While Hamish checked over the plane the rest of us loaded our luggage, except for Pete who, while taking photos of the Masai, decided he quite liked one of the simple but nasty looking weapons they all carry, called a rungu, which is nothing more than a carved hard wood club about two feet long with a knob on the end. The rungu is used for hunting and for protection, both from animal predators and human ones as well (in fact, former Kenyan president Daniel Moi liked to be seen with his elegant silver-tipped rungu which he would sometimes pound on a table or his desk when he was angry as a form of intimidation, much like Nikita Krushchev’s famous shoe-pounding episode with Richard Nixon I suppose).

The Masai wanted something like 400 Kenyan shillings for his rungu, which is like $5, but none of us had anything smaller than a thousand note so he ended up buying both of them. And then letting them keep the extra 200 shillings since the one thing the Masai do not carry around with them is a wallet or change. Pete didn’t mind. He was quite happy with his marungu (the plural of rungu) since they were truly authentic if not as elaborately decorated as those sold in tourist shops in Nairobi.

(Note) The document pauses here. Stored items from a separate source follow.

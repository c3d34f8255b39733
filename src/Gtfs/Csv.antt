-- ===== src/Gtfs/Csv.antt =====
-- The reading of CSV fields in internal/gtfs/importer.go, with the functions of package `strings` that
-- it uses. The rows that `csv.Reader` yields are a parameter.
pub mod Fields
use Prim.Native.Char.{Char, code}
use public_transport_tracker.Base.{
  string_eq, ℕ, zero, suc, Bool, true, false, Option, none, some, List, [], ◌∷◌, String,
  if◌then◌else◌, ◌==◌, nat_beq, leb, ◌&&◌, ◌||◌, get_elem?,
}

-- unicode.IsSpace
abbrev pub is_space : Char → Bool
is_space c =
    leb 9 (code c) && leb (code c) 13
    || nat_beq (code c) 32
    || nat_beq (code c) 133
    || nat_beq (code c) 160
    || nat_beq (code c) 5760
    || leb 8192 (code c) && leb (code c) 8202
    || nat_beq (code c) 8232
    || nat_beq (code c) 8233
    || nat_beq (code c) 8239
    || nat_beq (code c) 8287
    || nat_beq (code c) 12288

unfoldable pub trim_left : String → String
trim_left String.[] = ""
trim_left (String.◌∷◌ c s) = let rest = trim_left s in if is_space c then rest else String.◌∷◌ c s

-- The character, unless it is a space at the end.
abbrev pub keep : Char → String → String
keep c String.[] = if is_space c then "" else String.◌∷◌ c ""
keep c (String.◌∷◌ d s) = String.◌∷◌ c (String.◌∷◌ d s)

unfoldable pub trim_right : String → String
trim_right String.[] = ""
trim_right (String.◌∷◌ c s) = keep c (trim_right s)

-- strings.TrimSpace
unfoldable pub trim_space : String → String
unfolding trim_left trim_right
trim_space s = trim_right (trim_left s)

-- strings.TrimPrefix of the byte order mark: the bytes ef bb bf are the character U+FEFF.
unfoldable pub trim_bom : String → String
trim_bom String.[] = ""
trim_bom (String.◌∷◌ c s) = if nat_beq (code c) 65279 then s else String.◌∷◌ c s

-- An entry of the archive, as `Open` and `csv.Reader` read it: the header, unless reading it fails, the
-- rows that follow, and whether they end with `io.EOF` or with an error.
pub record CsvFile : Type 0 where
  pub header : Option (List String)
  pub rows : List (List String)
  pub complete : Bool

pub data CsvError : Type 0 where
  open_entry read_header : CsvError

-- The header and the reader; `entry` is `none` where `Open` fails.
pub data ReadCsv : Type 0 where
  opened : List String → CsvFile → ReadCsv
  failed : CsvError → ReadCsv

abbrev pub strip_bom : List String → List String
unfolding trim_bom
strip_bom [] = []
strip_bom (h ∷ header) = trim_bom h ∷ header

unfoldable pub read_csv : Option CsvFile → ReadCsv
read_csv none = failed open_entry
read_csv (some file) = elim file.header [
  | none ↦ failed read_header
  | some header ↦ opened (strip_bom header) file
]

-- The loop of `colIndex` from index `i` on; `none` is -1.
unfoldable pub col_index_range : ℕ → List String → String → Option ℕ
unfolding trim_space
col_index_range i [] name = none
col_index_range i (h ∷ header) name =
    let rest = col_index_range (suc i) header name in if trim_space h == name then some i else rest

unfoldable pub col_index : List String → String → Option ℕ
unfolding col_index_range
col_index header name = col_index_range 0 header name

unfoldable pub get_field : List String → List String → String → String
get_field header record' name = elim (col_index header name) [
  | none ↦ ""
  | some idx ↦ elim (get_elem? record' idx) [ none ↦ "" | some value ↦ trim_space value ]
]
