-- ===== src/Gtfs/Csv/Fields.antt =====
-- Which value a field of a row is.
use public_transport_tracker.Base.{
  string_eq, ℕ, suc, ◌≡◌, refl, Option, none, some, List, [], ◌∷◌, String, if◌then◌else◌, ◌==◌,
  arith,
}
use public_transport_tracker.Gtfs.Csv.{trim_space, col_index_range, col_index, get_field}

abbrev next : Option ℕ → Option ℕ
next none = none
next (some i) = some (suc i)

col_index_range-suc :
    (i : ℕ) (header : List String) (name : String)
    → col_index_range (suc i) header name ≡ next (col_index_range i header name)
unfolding col_index_range
col_index_range-suc i [] name = refl
col_index_range-suc i (h ∷ header) name = ground (arith, col_index_range-suc (suc i) header name)

-- The value beside the first column of that name, where the header and the row stand side by side.
abbrev pub first_value : String → (header values : List String) → String
first_value name [] values = ""
first_value name (h ∷ header) [] = ""
first_value name (h ∷ header) (v ∷ values) =
    if trim_space h == name then trim_space v else first_value name header values

-- A field is the value beside the first column whose name, without the spaces around it, is the one
-- asked for, itself without the spaces around it; it is empty if there is no such column, or if the
-- row ends before it.
pub get_field-first_value :
    (header values : List String) (name : String)
    → get_field header values name ≡ first_value name header values
unfolding get_field col_index col_index_range
get_field-first_value [] values name = refl
get_field-first_value (h ∷ header) [] name = ground arith
get_field-first_value (h ∷ header) (v ∷ values) name =
    ground (arith, col_index_range-suc 0 header name, get_field-first_value header values name)
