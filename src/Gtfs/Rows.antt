-- ===== src/Gtfs/Rows.antt =====
-- The rows that the importers of internal/gtfs/importer.go make of the records of each file.
use public_transport_tracker.Base.{string_eq, Option, none, some, List, String, if◌then◌else◌, ◌==◌}
use public_transport_tracker.Base.Int.{ℤ}
use public_transport_tracker.Vehicle.{Time}
use public_transport_tracker.Gtfs.{Row, agency, route, stop, trip, stop_time, service, service_date}
use public_transport_tracker.Gtfs.Csv.{get_field}

-- The conversions of the packages `strconv`, `time` and `fmt`: the value that each returns, also where
-- it returns an error, which the importer ignores.
pub record Conversions (F : Type 0) : Type 0 where
  pub atoi : String → ℤ
  pub parse_float : String → F
  -- time.Parse("20060102", s)
  pub parse_date : String → Time
  -- "%f"
  pub format_float : F → String

-- NULLIF(s, '')
abbrev pub null_if_empty : String → Option String
null_if_empty s = if s == "" then none else some s

abbrev pub or_default : String → String
or_default id = if id == "" then "default" else id

module _ {F : Type 0} (conv : Conversions F) (header record' : List String) where
  open conv use {atoi, parse_float, parse_date}

  field : String → String
  field name = get_field header record' name

  unfoldable pub agency_row : Row F
  unfolding field
  agency_row =
      agency (or_default (field "agency_id")) (field "agency_name") (field "agency_url")
        (field "agency_timezone") (field "agency_lang") (field "agency_phone")

  unfoldable pub route_row : Row F
  unfolding field
  route_row =
      route (field "route_id") (or_default (field "agency_id")) (field "route_short_name")
        (field "route_long_name") (atoi (field "route_type")) (field "route_color")
        (field "route_text_color") (atoi (field "route_sort_order"))

  unfoldable pub stop_row : Row F
  unfolding field
  stop_row =
      stop (field "stop_id") (field "stop_code") (field "stop_name") (atoi (field "location_type"))
        (null_if_empty (field "parent_station")) (parse_float (field "stop_lon"))
        (parse_float (field "stop_lat"))

  unfoldable pub trip_row : Row F
  unfolding field
  trip_row =
      trip (field "trip_id") (field "route_id") (field "service_id") (field "trip_headsign")
        (field "trip_short_name") (atoi (field "direction_id")) (null_if_empty (field "shape_id"))

  unfoldable pub stop_time_row : Row F
  unfolding field
  stop_time_row =
      stop_time (field "trip_id") (field "stop_id") (atoi (field "stop_sequence"))
        (field "arrival_time") (field "departure_time") (atoi (field "pickup_type"))
        (atoi (field "drop_off_type"))

  unfoldable pub service_row : Row F
  unfolding field
  service_row =
      service (field "service_id") (field "monday" == "1") (field "tuesday" == "1")
        (field "wednesday" == "1") (field "thursday" == "1") (field "friday" == "1")
        (field "saturday" == "1") (field "sunday" == "1") (parse_date (field "start_date"))
        (parse_date (field "end_date"))

  unfoldable pub service_date_row : Row F
  unfolding field
  service_date_row =
      service_date (field "service_id") (parse_date (field "date")) (atoi (field "exception_type"))
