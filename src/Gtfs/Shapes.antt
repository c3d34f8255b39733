-- ===== src/Gtfs/Shapes.antt =====
-- The points of shapes in internal/gtfs/importer.go: grouped by shape, and written as a line.
pub mod Group
use Prim.Native.String.{◌++◌ as ◌+s◌}
use public_transport_tracker.Base.{
  string_eq, ℕ, suc, Bool, Option, none, some, List, [], ◌∷◌, ◌++◌, String, if◌then◌else◌, length,
  ltb, get_or,
}
use public_transport_tracker.Base.Int.{ℤ}
use public_transport_tracker.GoMap.{GoMap, lookup, assign}
use public_transport_tracker.Gtfs.Csv.{get_field}
use public_transport_tracker.Gtfs.Rows.{Conversions}

pub record ShapePoint (F : Type 0) : Type 0 where
  pub lon : F
  pub lat : F
  pub seq : ℤ

module _ {F : Type 0} (conv : Conversions F) where
  open conv use {atoi, parse_float, format_float}

  -- The shape and the point of a record.
  unfoldable pub point_of : List String → List String → String × ShapePoint F
  point_of header record' = (
    get_field header record' "shape_id",
    record {
      lon = parse_float (get_field header record' "shape_pt_lon");
      lat = parse_float (get_field header record' "shape_pt_lat");
      seq = atoi (get_field header record' "shape_pt_sequence");
    },
  )

  -- The loop that groups the points. A missing key reads as the empty slice.
  unfoldable pub group_range :
      List String
      → List (List String)
      → GoMap String (List (ShapePoint F))
      → GoMap String (List (ShapePoint F))
  group_range header [] grouped = grouped
  group_range header (record' ∷ rows) grouped =
      let (id, point) = point_of header record' in
      group_range header rows (assign id (get_or (lookup id grouped) [] ++ point ∷ []) grouped)

  point_texts : ℕ → List (ShapePoint F) → String
  point_texts i [] = ""
  point_texts i (p ∷ points) =
      (if ltb 0 i then "," else "")
      +s (format_float p.lon +s (" " +s (format_float p.lat +s point_texts (suc i) points)))

  unfoldable pub line_string : List (ShapePoint F) → String
  unfolding point_texts
  line_string points = "LINESTRING(" +s (point_texts 0 points +s ")")
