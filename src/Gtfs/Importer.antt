-- ===== src/Gtfs/Importer.antt =====
-- internal/gtfs/importer.go: the loops over the records of a file, and the transaction of `Import`.
pub mod Loops
pub mod Lines
pub mod Cleared
pub mod Deletions
pub mod Inserts
pub mod Chain
pub mod Integrity
pub mod Import
pub mod ShapeTable
pub mod Success
pub mod Orphans
use public_transport_tracker.Base.{
  string_eq, ℕ, zero, suc, ◌+◌, Bool, true, false, Option, none, some, List, [], ◌∷◌, String,
  if◌then◌else◌, ltb, length,
}
use public_transport_tracker.GoMap.{GoMap, empty, lookup, assign}
use public_transport_tracker.Gtfs.{
  Table, agencies, routes, stops, shapes, trips, stop_times, calendar, calendar_dates, Row, Tables,
  Statement, begin, commit, delete_from, prepare, insert, Database, delete_all, insert_row, shape,
}
use public_transport_tracker.Gtfs.Csv.{CsvFile, CsvError, ReadCsv, opened, failed, read_csv}
use public_transport_tracker.Gtfs.Rows.{
  Conversions, agency_row, route_row, stop_row, trip_row, stop_time_row, service_row,
  service_date_row,
}
use public_transport_tracker.Gtfs.Shapes.{ShapePoint, group_range, line_string}

-- The errors of the import of one file.
pub data FileError : Type 0 where
  csv : CsvError → FileError
  prepare_failed insert_failed : Table → FileError
  -- the number of the record
  read_failed : ℕ → FileError

-- The errors of `Import`.
pub data ImportError : Type 0 where
  open_zip begin_failed commit_failed : ImportError
  truncate_failed : Table → ImportError
  required_missing : String → ImportError
  import_failed : String → FileError → ImportError

-- What the functions of the importer return: a value and the transaction's tables, or an error.
pub data Result (F E A : Type 0) : Type 0 where
  ok : A → Tables F → Result F E A
  err : E → Result F E A

module _ {F : Type 0} (accepts : Database F) where
  -- The loop over the records of a file; `count` records have been inserted.
  unfoldable pub insert_range :
      Table
      → (List String → Row F)
      → List (List String)
      → Bool
      → ℕ
      → Tables F
      → Result F FileError ℕ
  insert_range t to_row [] complete count tx =
      if complete then ok count tx else err (read_failed (count + 1))
  insert_range t to_row (record' ∷ rows) complete count tx =
      let row = to_row record' in
      let rest = insert_range t to_row rows complete (count + 1) (insert_row t row tx) in
      if accepts (insert t row) tx then rest else err (insert_failed t)

  unfoldable pub import_rows :
      Table → (List String → List String → Row F) → Option CsvFile → Tables F → Result F FileError ℕ
  import_rows t to_row entry tx = elim (read_csv entry) [
    | failed e ↦ err (csv e)
    | opened header file ↦
        if accepts (prepare t) tx
        then insert_range t (to_row header) file.rows file.complete 0 tx
        else err (prepare_failed t)
  ]

  module _ (conv : Conversions F) (sort : List (ShapePoint F) → List (ShapePoint F)) where
    -- The range over the grouped shapes, in the order of its visits.
    unfoldable pub insert_shapes :
        List String → GoMap String (List (ShapePoint F)) → ℕ → Tables F → Result F FileError ℕ
    insert_shapes [] grouped count tx = ok count tx
    insert_shapes (id ∷ order) grouped count tx = elim (lookup id grouped) [
      | none ↦ insert_shapes order grouped count tx
      | some points ↦
          let sorted = sort points in
          let row = shape id (line_string conv sorted) in
          let skipped = insert_shapes order grouped count tx in
          let inserted = insert_shapes order grouped (count + 1) (insert_row shapes row tx) in
          if ltb (length sorted) 2
          then skipped
          else if accepts (insert shapes row) tx
          then inserted
          else err (insert_failed shapes)
    ]

    unfoldable pub import_shapes : List String → Option CsvFile → Tables F → Result F FileError ℕ
    import_shapes order entry tx = elim (read_csv entry) [
      | failed e ↦ err (csv e)
      | opened header file ↦
          if file.complete
          then if accepts (prepare shapes) tx
            then insert_shapes order (group_range conv header file.rows empty) 0 tx
            else err (prepare_failed shapes)
          else err (read_failed 0)
    ]

    pub record FileImporter : Type 0 where
      pub file : String
      pub fn : Option CsvFile → Tables F → Result F FileError ℕ
      pub req : Bool

    -- The importers of the files with a row for each record.
    abbrev pub import_agencies : Option CsvFile → Tables F → Result F FileError ℕ
    import_agencies = import_rows agencies (agency_row conv)

    abbrev pub import_routes : Option CsvFile → Tables F → Result F FileError ℕ
    import_routes = import_rows routes (route_row conv)

    abbrev pub import_stops : Option CsvFile → Tables F → Result F FileError ℕ
    import_stops = import_rows stops (stop_row conv)

    abbrev pub import_trips : Option CsvFile → Tables F → Result F FileError ℕ
    import_trips = import_rows trips (trip_row conv)

    abbrev pub import_stop_times : Option CsvFile → Tables F → Result F FileError ℕ
    import_stop_times = import_rows stop_times (stop_time_row conv)

    abbrev pub import_calendar : Option CsvFile → Tables F → Result F FileError ℕ
    import_calendar = import_rows calendar (service_row conv)

    abbrev pub import_calendar_dates : Option CsvFile → Tables F → Result F FileError ℕ
    import_calendar_dates = import_rows calendar_dates (service_date_row conv)

    unfoldable pub importers : List String → List FileImporter
    importers order =
        record { file = "agency.txt"; fn = import_agencies; req = true }
        ∷ record { file = "routes.txt"; fn = import_routes; req = true }
        ∷ record { file = "stops.txt"; fn = import_stops; req = true }
        ∷ record { file = "shapes.txt"; fn = import_shapes order; req = false }
        ∷ record { file = "trips.txt"; fn = import_trips; req = true }
        ∷ record { file = "stop_times.txt"; fn = import_stop_times; req = true }
        ∷ record { file = "calendar.txt"; fn = import_calendar; req = false }
        ∷ record { file = "calendar_dates.txt"; fn = import_calendar_dates; req = false }
        ∷ []

    -- The loop over the importers.
    unfoldable pub import_range :
        List FileImporter
        → GoMap String (Option CsvFile)
        → Tables F
        → Result F ImportError (Unit {0})
    import_range [] files tx = ok tt tx
    import_range (imp ∷ rest) files tx = elim (lookup imp.file files) [
      | none ↦
          let later = import_range rest files tx in
          if imp.req then err (required_missing imp.file) else later
      | some f ↦ elim (imp.fn f tx) [
        | err e ↦ err (import_failed imp.file e)
        | ok count tx' ↦ import_range rest files tx'
      ]
    ]

    -- The archive's entries by name; a later entry of the same name replaces an earlier one.
    unfoldable pub index_files :
        List (String × Option CsvFile)
        → GoMap String (Option CsvFile)
        → GoMap String (Option CsvFile)
    index_files [] files = files
    index_files ((name, f) ∷ entries) files = index_files entries (assign name f files)

    -- The tables in reverse order of dependency.
    abbrev pub cleared_tables : List Table
    cleared_tables =
        stop_times ∷ calendar_dates ∷ calendar ∷ trips ∷ shapes ∷ stops ∷ routes ∷ agencies ∷ []

    unfoldable pub delete_range : List Table → Tables F → Result F ImportError (Unit {0})
    delete_range [] tx = ok tt tx
    delete_range (t ∷ tables) tx =
        let rest = delete_range tables (delete_all t tx) in
        if accepts (delete_from t) tx then rest else err (truncate_failed t)

    -- What happens between `BeginTx` and `Commit`.
    unfoldable pub in_transaction :
        List String → GoMap String (Option CsvFile) → Tables F → Result F ImportError (Unit {0})
    in_transaction order files tx = elim (delete_range cleared_tables tx) [
      | err e ↦ err e
      | ok u tx' ↦ import_range (importers order) files tx'
    ]

    -- The database afterwards, and the error. Without a commit the deferred rollback leaves the
    -- database as it was. The archive is `none` where it cannot be opened.
    unfoldable pub import :
        List String
        → Option (List (String × Option CsvFile))
        → Tables F
        → Tables F × Option ImportError
    import order none db = (db, some open_zip)
    import order (some entries) db =
        if accepts begin db
        then elim (in_transaction order (index_files entries empty) db) [
          | err e ↦ (db, some e)
          | ok u tx ↦ if accepts commit tx then (tx, none) else (db, some commit_failed)
        ]
        else (db, some begin_failed)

And then we shook Josh’s hand and climbed into the Caravan, me sitting in the co-pilot seat in front and Pete in the very back so he could lower a window and hang out the plane and take photos as we flew over Masai Mara, and Hardy and Fletch in the middle. Hamish guided the plane over the bumpy airstrip, turned the nose into the wind, and we lifted off, Josh waving goodye and the Masai morani watching stoically as we cleared the far hills and disappeared over the horizon.